Thanks to W Farmer (22 Oct 2008) for this: "...I have a copy of a book, published in the UK and distributed in the US, which used one of the tree swing pictures on its cover, and then included the sequence of six tree swing pictures on the first page. The book is: Guide to Good Programming Practice, Editors: B L Meek and P M Heath ISBN 0-85312-145-1 (Ellis Hoarwood Ltd, Publishers) ISBN 0-470-26869-7 (Halstead Press, a division of John Wiley & Sons, distributor in the US). The six pictures are the same style as the ones on your website, but the captions are different, being directed toward software development:

1. As proposed by the project sponsor 
2. As specified in the project request 
3. As designed by the senior systems analyst 
4. As produced by the programmers 
5. As installed at the user's site 
6. What the user wanted

The pictures include the caption: 'Acknowledgements to Unknown Author'. The book's source for those pictures is given as the University of London Computer Centre Newsletter No. 53, March 1973. I've included scans of both pages below..."

book cover treeswing - guide to good  programming

 

treeswing pictures from book - guide to good programming

Thanks to W Farmer for the pictures above, from Guide to Good Programming Practice, Editors: B L Meek and P M Heath (1979) ISBN 0-85312-145-1 (Ellis Hoarwood Ltd., Publishers) ISBN 0-470-26869-7 (Halstead Press, a division of John Wiley & Sons, distributor in the US).

 

Thanks to A Allen (Aug 2009) for sending the treeswing cartoon example below. This version is for an IT system project situation. The year and origin are unknown. The pictures are very typical of 1970s photocopied versions, although this sort of cartoon representation persisted through the 1980s, 90s and beyond.

treeswing picture

With acknowledgements to A Allen.

 

Thanks to D Barrans (Jun 2010) for the following recollections: "... My dad brought home a copy of the tree swing cartoon sometime during my high school or junior high school years, which would have been sometime 1967-1973. It was a six-panel version, but I haven't found the exact variation on the captions. I do know they were not software-related... This was in the USA. He was working as a nuclear physicist at the National Bureau of Standards (now known as NIST) at that time..."

 

Thanks to M Tsao (Jun 2010) for the following: "... Although this is relatively new (I photocopied it from a co-worker's cubicle in 1992), it's a bit different from the ones you have on your site. I don't know what the book was, but this was at a large Silicon Valley software company, and the terminology suggests that the book discusses software development..."

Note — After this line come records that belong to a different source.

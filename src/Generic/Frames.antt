-- ===== src/Generic/Frames.antt =====
-- The steps of the walk of `FastSync` over the local database: each touches the one ID of its record.
use coldsync.Base.{
  ℕ, ◌==◌, ==_refl, ◌⊎◌, true, false, Bool-cases, none, some, List, [], ◌∷◌, ◌≡◌, ◌≢◌, refl, sym,
  ◌∙◌, inl, inr, arith, if◌then◌else◌,
}
use coldsync.Pdb.{PdbRecord, is_rsrc_db, at_addr, update_at, delete_by_id}
use coldsync.Pdb.Ids.{
  content, lookup, Unique, lookup-at_addr, lookup-delete_by_id, lookup-update_id,
  lookup-update_same, at_addr-update,
}
use coldsync.Pdb.Unique.{Unique-delete_by_id, Unique-update_id, Unique-update_same}
use coldsync.Generic.{archive_record, load, change, delete_local, upload}
use coldsync.Generic.Remote.{Palm, IsLawful}
use coldsync.Generic.Monad.{Conduit, Outcome, ok, err, fault, M, ◌>>=◌, ◌>>◌, continue}
use coldsync.Generic.Records.{expunged, dirty, clear_status_flags}
use coldsync.Generic.Steps.{
  Lands, and_then, with_archive, with_palm, with_change, change-eq, archive_record-eq,
  delete_local-eq, upload-eq,
}
use coldsync.Generic.Ready.{Fine}
use coldsync.Generic.Slow.{to_archive}
use coldsync.Generic.Fast.{fast_delete, fast_answer, fast_only, fast_local}
use coldsync.Generic.Walks.{IsClean}

at_addr-delete_other :
    (b k : ℕ) (recs : List PdbRecord) (l : PdbRecord)
    → l.id ≢ k
    → at_addr b recs ≡ some l
    → at_addr b (delete_by_id k recs) ≡ some l
unfolding at_addr delete_by_id
at_addr-delete_other b k [] l other e = cc
at_addr-delete_other b k (rec ∷ recs) l other e =
    ground (arith, other, at_addr-delete_other b k recs l other)

at_addr-update_other :
    (a b : ℕ) (f : PdbRecord → PdbRecord) (recs : List PdbRecord)
    → ((r : PdbRecord) → (f r).addr ≡ r.addr)
    → b ≢ a
    → at_addr b (update_at a f recs) ≡ at_addr b recs
unfolding at_addr update_at
at_addr-update_other a b f [] same other = refl
at_addr-update_other a b f (rec ∷ recs) same other =
    ground (arith, same rec, other, at_addr-update_other a b f recs same other)

pub Lands-bind :
    {P A B : Type 0} (Q : B → Conduit P → Type 0) (m : M P A) (f : A → M P B) (s : Conduit P)
    → Lands (λ x s'. Lands Q (f x s')) (m s)
    → Lands Q ((m >>= f) s)
Lands-bind {P = P} {A = A} Q m f s first = by_case (m s) first
  where
    by_case :
        (o : Outcome A × Conduit P)
        → Lands (λ x s'. Lands Q (f x s')) o
        → Lands Q (continue o.0 f o.1)
    by_case (ok x, s') q = q
    by_case (err, s') q = absurd q
    by_case (fault, s') q = absurd q

pub Lands-map :
    {P A : Type 0} (Q R : A → Conduit P → Type 0) (o : Outcome A × Conduit P)
    → ((x : A) (s : Conduit P) → Q x s → R x s)
    → Lands Q o
    → Lands R o
Lands-map Q R (ok x, s) f q = f x s q
Lands-map Q R (err, s) f q = q
Lands-map Q R (fault, s) f q = q

module _ (palm : Palm) (lawful : IsLawful palm) (Free : ℕ → Type 0) where
  -- A step that brings an ID to agree, and the one that the record has got, which is free if it is
  -- another, and that changes neither other IDs nor records at other addresses.
  abbrev pub Frame : ℕ → ℕ → Conduit palm.State → Unit {0} → Conduit palm.State → Type 0
  Frame k a s _ s' =
      (n : ℕ) × ((n ≡ k) ⊎ Free n)
      × Fine palm lawful s'
      × Unique s'.localdb.recs
      × (lookup k s'.localdb.recs ≡ lawful.held k s'.palm)
      × (lookup n s'.localdb.recs ≡ lawful.held n s'.palm)
      × ((i : ℕ)
          → k ≢ i
          → n ≢ i
          → (lookup i s'.localdb.recs ≡ lookup i s.localdb.recs)
            × (lawful.held i s'.palm ≡ lawful.held i s.palm))
      × ((b : ℕ) (o : PdbRecord)
          → b ≢ a
          → o.id ≢ k
          → at_addr b s.localdb.recs ≡ some o
          → at_addr b s'.localdb.recs ≡ some o)

  abbrev pub Start : ℕ → PdbRecord → Conduit palm.State → Type 0
  Start a l s = Fine palm lawful s × Unique s.localdb.recs × (at_addr a s.localdb.recs ≡ some l)

  -- An ID that the Palm gives to the record in place of its own is free.
  abbrev pub Spare : PdbRecord → Conduit palm.State → Type 0
  Spare l s =
      (flags category : ℕ) (bytes : List ℕ)
      → (palm.write_record l.id flags category bytes s.palm).1 ≢ l.id
      → Free (palm.write_record l.id flags category bytes s.palm).1
        × (lookup (palm.write_record l.id flags category bytes s.palm).1 s.localdb.recs ≡ none)

  delete-Frame :
      (a : ℕ) (l : PdbRecord) (s : Conduit palm.State)
      → Start a l s
      → Lands
          (Frame l.id a s)
          (delete_local a (with_palm palm lawful (palm.delete_record l.id s.palm).1 s))
  unfolding is_rsrc_db
  delete-Frame a l s (fine, unique, at_a) =
      rw
        (delete_local-eq a (with_palm palm lawful (palm.delete_record l.id s.palm).1 s) at_a fine.0)
        (
          l.id,
          inl refl,
          fine,
          Unique-delete_by_id l.id s.localdb.recs unique,
          here,
          here,
          (λ i other _. (
            lookup-delete_by_id i l.id s.localdb.recs unique ∙ ground (arith, other),
            lawful.held-delete i l.id s.palm ∙ ground (arith, other),
          )),
          (λ b o other apart e. at_addr-delete_other b l.id s.localdb.recs o apart e),
        )
    where
      here :
          lookup l.id (delete_by_id l.id s.localdb.recs)
          ≡ lawful.held l.id (palm.delete_record l.id s.palm).1
      here =
          lookup-delete_by_id l.id l.id s.localdb.recs unique
          ∙ (rw (==_refl l.id) refl ∙ sym (lawful.held-delete l.id l.id s.palm))

  fast_delete-Frame :
      (a : ℕ) (l : PdbRecord) (s : Conduit palm.State)
      → Start a l s
      → Lands (Frame l.id a s) (fast_delete palm a l.id s)
  unfolding fast_delete fast_answer
  fast_delete-Frame a l s start = elim (lawful.answers_delete l.id s.palm) [
    | inl done ↦ rw done (delete-Frame a l s start)
    | inr (absent, _, _) ↦ rw absent (delete-Frame a l s start)
  ]

  upload-Frame :
      (a : ℕ) (l : PdbRecord) (s : Conduit palm.State)
      → Spare l s
      → Start a l s
      → Lands (Frame l.id a s) (upload palm a l.id s)
  unfolding is_rsrc_db
  upload-Frame a l s spare (fine, unique, at_a) = rw (upload-eq palm lawful a l.id s at_a) (
    n,
    free (Bool-cases (n == l.id)),
    fine,
    Unique-update_id a n s.localdb.recs l unique at_a fresh,
    seen l.id ∙ (ground (arith, left) ∙ sym (lawful.held-write l.id l.id _ _ _ s.palm)),
    seen n ∙ (ground arith ∙ sym (lawful.held-write n l.id _ _ _ s.palm)),
    (λ i other apart. (
      seen i ∙ ground (arith, other, apart),
      lawful.held-write i l.id _ _ _ s.palm ∙ ground (arith, other, apart),
    )),
    (λ b o other apart e. at_addr-update_other a b _ s.localdb.recs (λ x. refl) other ∙ e),
  )
    where
      n : ℕ
      n = (palm.write_record l.id l.flags l.category l.payload s.palm).1

      free : ((n == l.id) ≡ true) ⊎ ((n == l.id) ≡ false) → (n ≡ l.id) ⊎ Free n
      free (inl e) = inl (ground (arith, e))
      free (inr e) = inr (spare l.flags l.category l.payload (ground (arith, e))).0

      fresh : l.id ≢ n → lookup n s.localdb.recs ≡ none
      fresh other = (spare l.flags l.category l.payload (ground (arith, other))).1

      -- Only a record that the Palm does not have gets another ID.
      left : n ≢ l.id → lawful.held l.id s.palm ≡ none
      left other = ground (arith, other, lawful.keeps_id l.id l.flags l.category l.payload s.palm)

      seen :
          (i : ℕ)
          → lookup i (update_at a (λ r. record r { id = n }) s.localdb.recs) ≡ (
              if n == i
              then some (content l)
              else if l.id == i
              then none
              else lookup i s.localdb.recs)
      seen i = lookup-update_id i a n s.localdb.recs l unique at_a fresh

  -- The flags are cleared first.
  clear-Frame :
      (a k : ℕ) (l : PdbRecord) (m : M palm.State (Unit {0})) (s : Conduit palm.State)
      → Start a l s
      → (Start a (clear_status_flags l) (with_change a clear_status_flags s)
          → Lands
              (Frame k a (with_change a clear_status_flags s))
              (m (with_change a clear_status_flags s)))
      → Lands (Frame k a s) ((change a clear_status_flags >> m) s)
  unfolding is_rsrc_db clear_status_flags
  clear-Frame a k l m s (fine, unique, at_a) rest =
      and_then (Frame k a s) (change a clear_status_flags) (λ _. m)
        (change-eq a clear_status_flags s at_a)
        (Lands-map (Frame k a (with_change a clear_status_flags s)) (Frame k a s)
          (m (with_change a clear_status_flags s))
          (λ _ s' (n, free, fine', unique', here, there, same, others). (
            n,
            free,
            fine',
            unique',
            here,
            there,
            (λ i other apart. (
              (same i other apart).0
                  ∙ lookup-update_same i a clear_status_flags s.localdb.recs (λ x. refl)
                      (λ x. refl),
              (same i other apart).1,
            )),
            (λ b o other apart e.
                others b o other apart (
                  at_addr-update_other a b clear_status_flags s.localdb.recs (λ x. refl) other
                  ∙ e)),
          ))
          (rest (
            fine,
            Unique-update_same a clear_status_flags s.localdb.recs (λ x. refl) (λ x. refl) unique,
            at_addr-update a clear_status_flags s.localdb.recs l (λ x. refl) at_a,
          )))

  pub fast_local-Frame :
      (a : ℕ) (l : PdbRecord) (s : Conduit palm.State)
      → Spare l s
      → Start a l s
      → (IsClean l → lawful.held l.id s.palm ≡ some (content l))
      → Lands (Frame l.id a s) (fast_local palm a s)
  unfolding fast_local fast_only load is_rsrc_db clear_status_flags
  fast_local-Frame a l s spare (fine, unique, at_a) clean =
      rw at_a (elim (Bool-cases (to_archive l)) [
        | inl e ↦ rw e (
            clear-Frame a l.id l (archive_record (clear_status_flags l) >> fast_delete palm a l.id)
              s start
              (λ cleared.
                and_then (Frame l.id a (with_change a clear_status_flags s))
                  (archive_record (clear_status_flags l)) (λ _. fast_delete palm a l.id)
                  {s = with_change a clear_status_flags s}
                  (archive_record-eq (clear_status_flags l) (with_change a clear_status_flags s))
                  (fast_delete-Frame a (clear_status_flags l)
                    (with_archive (clear_status_flags l) (with_change a clear_status_flags s))
                    cleared)))
        | inr e ↦ rw e (elim (Bool-cases (expunged l)) [
          | inl e' ↦ rw e' (fast_delete-Frame a l s start)
          | inr e' ↦ rw e' (elim (Bool-cases (dirty l)) [
            | inl e'' ↦ rw e'' (
                clear-Frame a l.id l (upload palm a l.id) s start (
                  upload-Frame a (clear_status_flags l) (with_change a clear_status_flags s)
                    (λ flags category bytes other. (
                      (spare flags category bytes other).0,
                      lookup-update_same _ a clear_status_flags s.localdb.recs (λ x. refl)
                            (λ x. refl)
                          ∙ (spare flags category bytes other).1,
                    ))))
            | inr e'' ↦ rw e'' (
              l.id,
              inl refl,
              fine,
              unique,
              kept (clean (e, e', e'')),
              kept (clean (e, e', e'')),
              (λ i other _. (refl, refl)),
              (λ b o other apart e0. e0),
            )
          ])
        ])
      ])
    where
      start : Start a l s
      start = (fine, unique, at_a)

      kept :
          lawful.held l.id s.palm ≡ some (content l)
          → lookup l.id s.localdb.recs ≡ lawful.held l.id s.palm
      kept living = lookup-at_addr a s.localdb.recs l unique at_a ∙ sym living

Below is the copied page. Subsequently to publishing this we have been able to identify the book source (thanks J van der Bie, Sep 2012), namely Principles Of Software Engineering Management by Tom Gilb, published 1988. The cartoons appear on page 45 as figure 4.1 and are used to support Gilb's view that where design fails it is because of poor attribute specification, rather than poor functional specification, which is a noteworthy observation and not limited to computer software design. These pictures are quite different to the first versions to become widely copied in the 1970s. They feature just the trunk and major tree branches; none of the outer branches and leaves, and not the base of the tree. These more modern style pictures also feature new ideas for the faulty swings.

tree-swing-picture-softwarebook-1992

With acknowledgements to M Tsao for the picture above. It is from Principles Of Software Engineering Management by Tom Gilb, published in 1988 by Pearson Education, Edinburgh, UK.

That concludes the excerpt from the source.